I started to read some of your posts about the werewolf and cyberpirate contest, but I've been reading others because I find the ethical and political turn you give to the argument very interesting. I don't mean to say that I fully understand where you are going, but it is clear to me, in my context, that there is a logic of power that uses our natural inclinations and weaknesses to keep our freedoms subdued while the whole system grabs at you. And, look, you may even consent to it by believing or indeed acting for what you believe is the greater good.
Let me give you a personal example (please, no pity): a university professor in my country earns about $3 a month. You read correctly: three dollars a month. Not an hour, no.
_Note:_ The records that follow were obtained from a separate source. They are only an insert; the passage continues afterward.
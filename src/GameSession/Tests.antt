-- ===== src/GameSession/Tests.antt =====
-- Game sessions over a storage that holds a list of sessions.
use scbl.Prelude.{◌≡◌, ◌↔◌, refl, true, false, List, [], ◌∷◌, length, none, some, ok, All, arith}
use scbl.Prelude.Maps.{lookup, insert}
use scbl.Client.{ClientInfo}
use scbl.Types.Property.{Property, session_attributes, properties_from_str}
use scbl.GameSession
use scbl.GameSession.{
  Participant, GameSession, InvitedGameSession, Storage, login_required, with_user, queried,
}
use scbl.GameSession.Search.{
  SearchResult, search_sessions, answer_search, search_results, keep_session, keep_sessions,
  required_attributes, collect_properties, is_invitation_search_query,
}
use scbl.GameSession.Search.{
  fits_attributes, has_attributes, has_value, default_103, add_result, parse_urls, urls_of,
  result_participants,
}
use scbl.Types.Property.{
  parse_all, property_from_str, property_of, both, add_property, property_to_string,
}
use scbl.Text.{
  split, split_once, join, to_decimal, digits, parse_unsigned, parse_some_digits, parse_digits,
  add_digit, starts_with, add_front, add_to_first,
}
use scbl.GameSession.Asked.{HasAll}
use scbl.GameSession.Found.{Fits, keep_session-created, search_sessions-Fits}

-- Every session is stored with an id that counts up.
abbrev memory : Storage (List GameSession)
memory = record {
  create_game_session = λ s user_id type_id attributes. (
    record {
      session_type = type_id;
      session_id = length s;
      creator_id = user_id;
      attributes = attributes;
      participants = [];
    }
        ∷ s,
    some (length s),
  );
  update_game_session = λ s type_id id attributes. (s, some tt);
  delete_game_session = λ s user_id type_id id. (s, some (1, 0));
  migrate_game_session_host = λ s user_id type_id id. (s, some false);
  leave_game_session = λ s user_id type_id id. (s, some tt);
  add_participants = λ s user_id type_id id private_ids public_ids. (s, some tt);
  remove_participants = λ s type_id id ids. (s, some tt);
  join_game_session_unbounded = λ s user_id type_id id. (s, some true);
  game_session_is_active = λ s type_id id. some true;
  restore_abandoned_game_session_for_split = λ s user_id type_id id. (s, some false);
  find_accepted_manual_invited_session = λ s user_id type_id. (s, some none);
  find_accepted_invited_session = λ s user_id type_id. (s, some none);
  note_manual_invitation_search = λ s user_id type_id. s;
  clear_manual_invitation_search = λ s user_id type_id. s;
  search_sessions = λ s type_id user_id. some s;
  search_sessions_with_participants = λ s type_id ids. some s;
}

abbrev stranger : ClientInfo
stranger = record {
  server_sequence_id = 1;
  client_sequence_id = 1;
  client_signature = none;
  server_signature = 7;
  client_session = 0;
  server_session = 0;
  packet_fragments = [];
  packet_fragment_bytes = 0;
  packet_fragment_final_sequence = none;
  packet_fragment_started_at = none;
  address = record { ip = 0; port = 0 };
  last_seen = 0;
  connection_id = none;
  user_id = none;
}

abbrev player : ClientInfo
player = record stranger { user_id = some 5 }

abbrev coop : List Property
coop =
    record { id = 103; value = 0 }
    ∷ record { id = 106; value = 3564829 }
    ∷ record { id = 112; value = 2 }
    ∷ []

abbrev asked : List Property
asked = record { id = 106; value = 3564829 } ∷ record { id = 112; value = 1 } ∷ []

abbrev coop_session : GameSession
coop_session = record {
  session_type = 1;
  session_id = 0;
  creator_id = 5;
  attributes = session_attributes coop;
  participants = [];
}

-- A player creates a session, which another search with the same mode finds.
created : GameSession.create_session memory [] player coop 1 ≡ (coop_session ∷ [], ok 0)
unfolding GameSession.create_session with_user queried login_required
created = refl

keep_session-created_example :
    (keep_session false (required_attributes asked) coop_session ≡ true) ↔ HasAll asked coop
keep_session-created_example =
    keep_session-created asked coop_session (record { id = 103; value = 0 })
      (record { id = 106; value = 3564829 } ∷ record { id = 112; value = 2 } ∷ []) (omega arith)
      refl

ordinary : is_invitation_search_query 1 ≡ false
unfolding is_invitation_search_query
ordinary = refl

abbrev coop_result : SearchResult
coop_result = record {
  session_id = 0;
  type_id = 1;
  host_pid = 5;
  host_urls = [];
  attributes = coop;
  participants = [];
}

searched : (search_sessions memory (coop_session ∷ []) player 1 1 asked).1 ≡ ok (coop_result ∷ [])
unfolding search_sessions answer_search search_results keep_sessions keep_session fits_attributes
    has_attributes has_value required_attributes collect_properties default_103 properties_from_str
    session_attributes parse_all property_from_str property_of both add_property split split_once
    join property_to_string to_decimal digits parse_unsigned parse_some_digits parse_digits
    add_digit starts_with add_front add_to_first insert lookup add_result parse_urls urls_of
    result_participants
searched = refl

search_sessions-Fits_example : All (Fits asked) (coop_result ∷ [])
search_sessions-Fits_example =
    search_sessions-Fits memory 1 asked (coop_session ∷ []) player 1 (coop_result ∷ []) ordinary
      searched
Can that professor exercise free thought? What are the risks of his being corrupted? How does he exercise his profession fully without declining in favor of a slave system? Or worse, how does he avoid being defeated by the manipulation of a system that offers him a few crumbs in exchange for political compliance? How does he avoid abandoning, since in this way he gives university autonomy to those who want to take it over and turn it into an ideological control apparatus? How does he do it when all his avenues of protest fail? It is clear to me that we have an ethical and political conflict linked to poverty. Poverty damages and the power structures know how to use it against us, and it can become a factor for debasement, as much as money or power.
We have there a difficult knot whose equation is not solved in the same way in all contexts. And when there is power over the distribution of poverty, which is not the same as power over the distribution of wealth, our horror stories can be truly horrific.
Note: Sammy and Sid are OK OK.😍 Lovers.